8月23日の記念日
奴隷貿易とその廃止を記念する国際デー
カテゴリ
由来・理由
1998年にユネスコ(国連教育科学文化機関)が定めた国際デー。1791年8月22日から23日にかけて、フランス領サン=ドマング(現在のハイチ)で奴隷たちが蜂起し、大西洋をまたぐ奴隷貿易の廃止につながる大きな転機になったことにちなむ。
雑学・小話
大西洋をはさんだ奴隷貿易では、長い年月にわたり、数えきれないほどの人々が故郷から連れ去られ、自由を奪われたとされる。人を商品のように扱うこの仕組みは、当時の社会や経済と深く結びつき、なかなか終わらせることができなかったと伝えられる。 そうしたなか、サン=ドマングで起きた奴隷たちの蜂起は、自らの手で自由をつかみとろうとする動きの象徴になったとされる。
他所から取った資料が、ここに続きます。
-- ===== src/Protocol/Machine.antt =====
-- The application as its host and its user see it: a machine that waits for a command, or for the
-- answer to a question. Its state has no buffers.
use ledger_sovereign.Base.{
  ℕ, ◌/◌, ◌%◌, ◌^◌, ◌-◌, Option, none, some, List, [], ◌∷◌, ◌++◌, ◌==◌, if◌then◌else◌,
}
use ledger_sovereign.Codes.{cla}
use ledger_sovereign.Codes.Code
use ledger_sovereign.Platform.{Platform}
use ledger_sovereign.Crypto.Signing.{signature_of}
use ledger_sovereign.Device.{Moment}
use ledger_sovereign.Codes.Wire.{status}
use ledger_sovereign.Apdu.Upload.{Upload}
use ledger_sovereign.Protocol.{Verdict, reply, ask_address, ask_sign, answer}

-- A command comes in, or less than the header of one; or a button is pressed.
pub data Event : Type 0 where
  command : Moment → (class ins p1 p2 l : ℕ) (payload : List ℕ) → Event
  fragment : Moment → (class : ℕ) (rest : List ℕ) → Event
  approve reject : Moment → Event

-- Every state has the upload that the next command finds.
pub data State : Type 0 where
  waiting : Upload → State
  asking_address : Upload → List ℕ → State
  asking_sign : Upload → List ℕ → List ℕ → State

-- The two bytes of the status word for a code.
abbrev pub code_bytes : ℕ → List ℕ
code_bytes e = status e / 2 ^ 8 % 2 ^ 8 ∷ status e % 2 ^ 8 ∷ []

-- What is sent to the host at once, and the state afterwards.
abbrev pub settle : Upload × Verdict → Option (List ℕ) × State
settle (u, reply bytes e) = (some (bytes ++ code_bytes e), waiting u)
settle (u, ask_address path shown) = (none, asking_address u shown)
settle (u, ask_sign path message) = (none, asking_sign u path message)

-- The reply to an approved message.
abbrev pub signed_reply : Option (List ℕ) → List ℕ
signed_reply none = 0x6F ∷ 0x01 ∷ []
signed_reply (some s) = s ++ 0x90 ∷ 0 ∷ []

module _ {B : Type 0} (p : Platform B) where
  -- A command is received only while the machine waits for one, and a button is there only with a
  -- question.
  unfoldable pub respond : State → Event → Option (List ℕ) × State
  respond (waiting u) (command now class ins p1 p2 l payload) =
      settle (answer p now u class ins p1 payload)
  respond (waiting u) (fragment now class rest) =
      settle (u, reply [] (if class == cla then Code.wrong_length else Code.cla_not_supported))
  respond (waiting u) (approve now) = (none, waiting u)
  respond (waiting u) (reject now) = (none, waiting u)
  respond (asking_address u shown) (command now class ins p1 p2 l payload) =
      (none, asking_address u shown)
  respond (asking_address u shown) (fragment now class rest) = (none, asking_address u shown)
  respond (asking_address u shown) (approve now) = (some (shown ++ 0x90 ∷ 0 ∷ []), waiting u)
  respond (asking_address u shown) (reject now) = (some (0x69 ∷ 0x86 ∷ []), waiting u)
  respond (asking_sign u path message) (command now class ins p1 p2 l payload) =
      (none, asking_sign u path message)
  respond (asking_sign u path message) (fragment now class rest) =
      (none, asking_sign u path message)
  respond (asking_sign u path message) (approve now) =
      (some (signed_reply (signature_of p.cx path message (p.apdu_size - 3))), waiting u)
  respond (asking_sign u path message) (reject now) = (some (0x69 ∷ 0x86 ∷ []), waiting u)

  -- The replies to a sequence of events.
  unfoldable pub respond_all : State → List Event → List (Option (List ℕ))
  respond_all s [] = []
  respond_all s (e ∷ events) = let (r, s') = respond s e in r ∷ respond_all s' events
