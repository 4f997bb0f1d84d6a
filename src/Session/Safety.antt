-- ===== src/Session/Safety.antt =====
-- The invariant of handleApdu (app/src/apdu_handler.c) between any two events, and the commands
-- that do not touch the message.
use ledger_sovereign.Base.{ℕ, ◌≤◌, ◌≡◌, ◌≢◌, true, false, none, some, List, [], arith, length}
use ledger_sovereign.Platform.{Platform}
use ledger_sovereign.Tx.{TxState, flash_buffer_size, tx_get_buffer}
use ledger_sovereign.Tx.Parse.{Shows}
use ledger_sovereign.Device.{
  Review, Device, Moment, choose, throw_if, read_byte, read_bytes, write_bytes,
}
use ledger_sovereign.Codes.Path.{is_ours}
use ledger_sovereign.Apdu.{extract_hd_path, handle_get_version, handle_get_addr, report}
use ledger_sovereign.Actions.{app_fill_address}

-- A message under review is what will be signed, and for which path.
abbrev pub IsReviewable : {B : Type 0} → Platform B → List ℕ → TxState B → Type 0
IsReviewable p hd_path txs =
    (is_ours hd_path ≡ true)
    × (tx_get_buffer p.buffering txs ≢ [])
    × (length (tx_get_buffer p.buffering txs) ≤ flash_buffer_size p.target)
    × Shows txs (tx_get_buffer p.buffering txs)

abbrev pub IsSafe : {B : Type 0} → Platform B → Device B → Type 0
IsSafe p d =
    (d.tx_initialized ≡ true → is_ours d.hd_path ≡ true)
    × (d.tx_initialized ≡ true → p.capacity d.txs.buffer ≡ flash_buffer_size p.target)
    × (d.review ≡ some Review.transaction → IsReviewable p d.hd_path d.txs)

-- No upload is under way, and no transaction is under review.
abbrev pub IsQuiet : {B : Type 0} → Device B → Type 0
IsQuiet d = (d.tx_initialized ≡ false) × (d.review ≢ some Review.transaction)

pub Quiet→Safe : {B : Type 0} (p : Platform B) (d : Device B) → IsQuiet d → IsSafe p d
Quiet→Safe p d h = (λ e. cc (h.0), λ e. cc (h.0), λ e. absurd (h.1 e))

-- The fields of which the property speaks are unchanged.
abbrev pub SameCore : {B : Type 0} → Device B → Device B → Type 0
SameCore d d' =
    (d'.tx_initialized ≡ d.tx_initialized)
    × (d'.hd_path ≡ d.hd_path)
    × (d'.txs ≡ d.txs)
    × (d'.review ≡ d.review)

pub read_byte_state : {B : Type 0} (i : ℕ) (d : Device B) → (read_byte i d).1 ≡ d
unfolding read_byte
read_byte_state i d = ground arith

module _ {B : Type 0} (p : Platform B) (now : Moment) (d : Device B) where
  pub version_core : SameCore d (handle_get_version p now d).1
  unfolding handle_get_version write_bytes
  version_core = ground arith

  pub report_core : (e : ℕ) → SameCore d (report p e d).1
  unfolding report write_bytes choose
  report_core e = ground arith

  extract_core :
      (rx offset : ℕ)
      → let d' = (extract_hd_path rx offset d).1 in
        (d'.tx_initialized ≡ false) × (d'.review ≡ d.review)
  unfolding extract_hd_path throw_if read_bytes
  extract_core rx offset = ground arith

  fill_core_at :
      (d : Device B)
      → let d' = (app_fill_address p now d).1 in
        (d'.tx_initialized ≡ d.tx_initialized) × (d'.review ≡ d.review)
  unfolding app_fill_address throw_if
  fill_core_at d = ground arith

  -- An address command ends the upload before anything else, and reviews no transaction.
  pub get_addr_IsQuiet : (rx : ℕ) → d.review ≡ none → IsQuiet (handle_get_addr p now rx d).1
  unfolding handle_get_addr choose
  get_addr_IsQuiet rx idle =
      let d1 = (extract_hd_path rx 5 d).1 in
      let d2 = (read_byte 2 d1).1 in
      ground (arith, extract_core rx 5, read_byte_state 2 d1, fill_core_at d2)
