-- ===== src/Session/Trace.antt =====
-- The device run on a sequence of events. A command is put at the front of the APDU buffer, and what
-- lay behind it stays; it is received only while no review is on the screen. Its reply, the first
-- `*tx` bytes of the buffer, is sent unless a review has been started (IO_ASYNCH_REPLY).
use ledger_sovereign.Base.{ℕ, ◌+◌, Option, none, some, List, [], ◌∷◌, length, take}
use ledger_sovereign.Base.Memory.{copy_into}
use ledger_sovereign.Platform.{Platform}
use ledger_sovereign.Device.{Review, Device, Outcome}
use ledger_sovereign.Actions.{app_sign, app_reject, app_reply_address}
use ledger_sovereign.Apdu.{handle_apdu}
use ledger_sovereign.Protocol.Machine.{Event, command, fragment, approve, reject}

module _ {B : Type 0} where
  -- What io_exchange leaves in the globals when a command comes in.
  abbrev pub receive_frame : Device B → List ℕ → Device B
  receive_frame d bytes = record d { apdu = copy_into d.apdu 0 bytes; tx = 0; flags = 0 }

  abbrev pub sent : Option Review → Device B → Option (List ℕ)
  sent none d = some (take d.tx d.apdu)
  sent (some r) d = none

  abbrev pub after : Outcome (Unit {0}) × Device B → Option (List ℕ) × Device B
  after (o, d) = (sent d.review d, d)

  abbrev pub replied : List ℕ × Device B → Option (List ℕ) × Device B
  replied (bytes, d) = (some bytes, d)

module _ {B : Type 0} (p : Platform B) where
  -- An event, by what is on the screen.
  abbrev pub perform_at : Option Review → Device B → Event → Option (List ℕ) × Device B
  perform_at none d (command now class ins p1 p2 l payload) = after (
      handle_apdu p now (5 + length payload)
        (receive_frame d (class ∷ ins ∷ p1 ∷ p2 ∷ l ∷ payload)))
  perform_at none d (fragment now class rest) =
      after (handle_apdu p now (1 + length rest) (receive_frame d (class ∷ rest)))
  perform_at none d (approve now) = (none, d)
  perform_at none d (reject now) = (none, d)
  perform_at (some r) d (command now class ins p1 p2 l payload) = (none, d)
  perform_at (some r) d (fragment now class rest) = (none, d)
  perform_at (some Review.address) d (approve now) = replied (app_reply_address p now d)
  perform_at (some Review.transaction) d (approve now) = replied (app_sign p now d)
  perform_at (some r) d (reject now) = replied (app_reject p now d)

  unfoldable pub perform : Device B → Event → Option (List ℕ) × Device B
  perform d e = perform_at d.review d e

  unfoldable pub perform_all : Device B → List Event → List (Option (List ℕ))
  perform_all d [] = []
  perform_all d (e ∷ events) = let (r, d') = perform d e in r ∷ perform_all d' events

  -- The device after a sequence of events.
  unfoldable pub run_events : Device B → List Event → Device B
  run_events d [] = d
  run_events d (e ∷ events) = run_events (perform d e).1 events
この出来事は、のちの奴隷制の廃止に向けた流れを後押ししたといわれる。ユネスコは、この歴史を忘れないために国際デーを定めた。 過去の悲しい歴史に向き合うことは、つらさを伴う。それでも、何が起きたのかを知り、二度と繰り返さないと心にとめることには意味がある。この記念日は、人の自由と尊厳について、静かに考えるきっかけを与えてくれる。
社会・国際の記念日について
社会・国際に関する記念日は、平和・人権・教育・福祉・国際協力といった、よりよい社会を築くためのテーマを掲げています。国連をはじめとする国際機関が定めた世界規模の記念日も多く、世界中の人々が同じ日に同じ課題へ思いを寄せる機会となっています。日付は、歴史的な宣言や条約の採択日、象徴的な出来事にちなんで決められることがほとんどです。こうした記念日は、ふだんは遠く感じられる社会の課題を、自分ごととして考えるきっかけを与えてくれます。一人ひとりの小さな関心や行動が集まることで、社会は少しずつ変わっていきます。月が満ち欠けを繰り返しながら確かに巡るように、地道な歩みの積み重ねが、やがて大きな変化を生み出していくのです。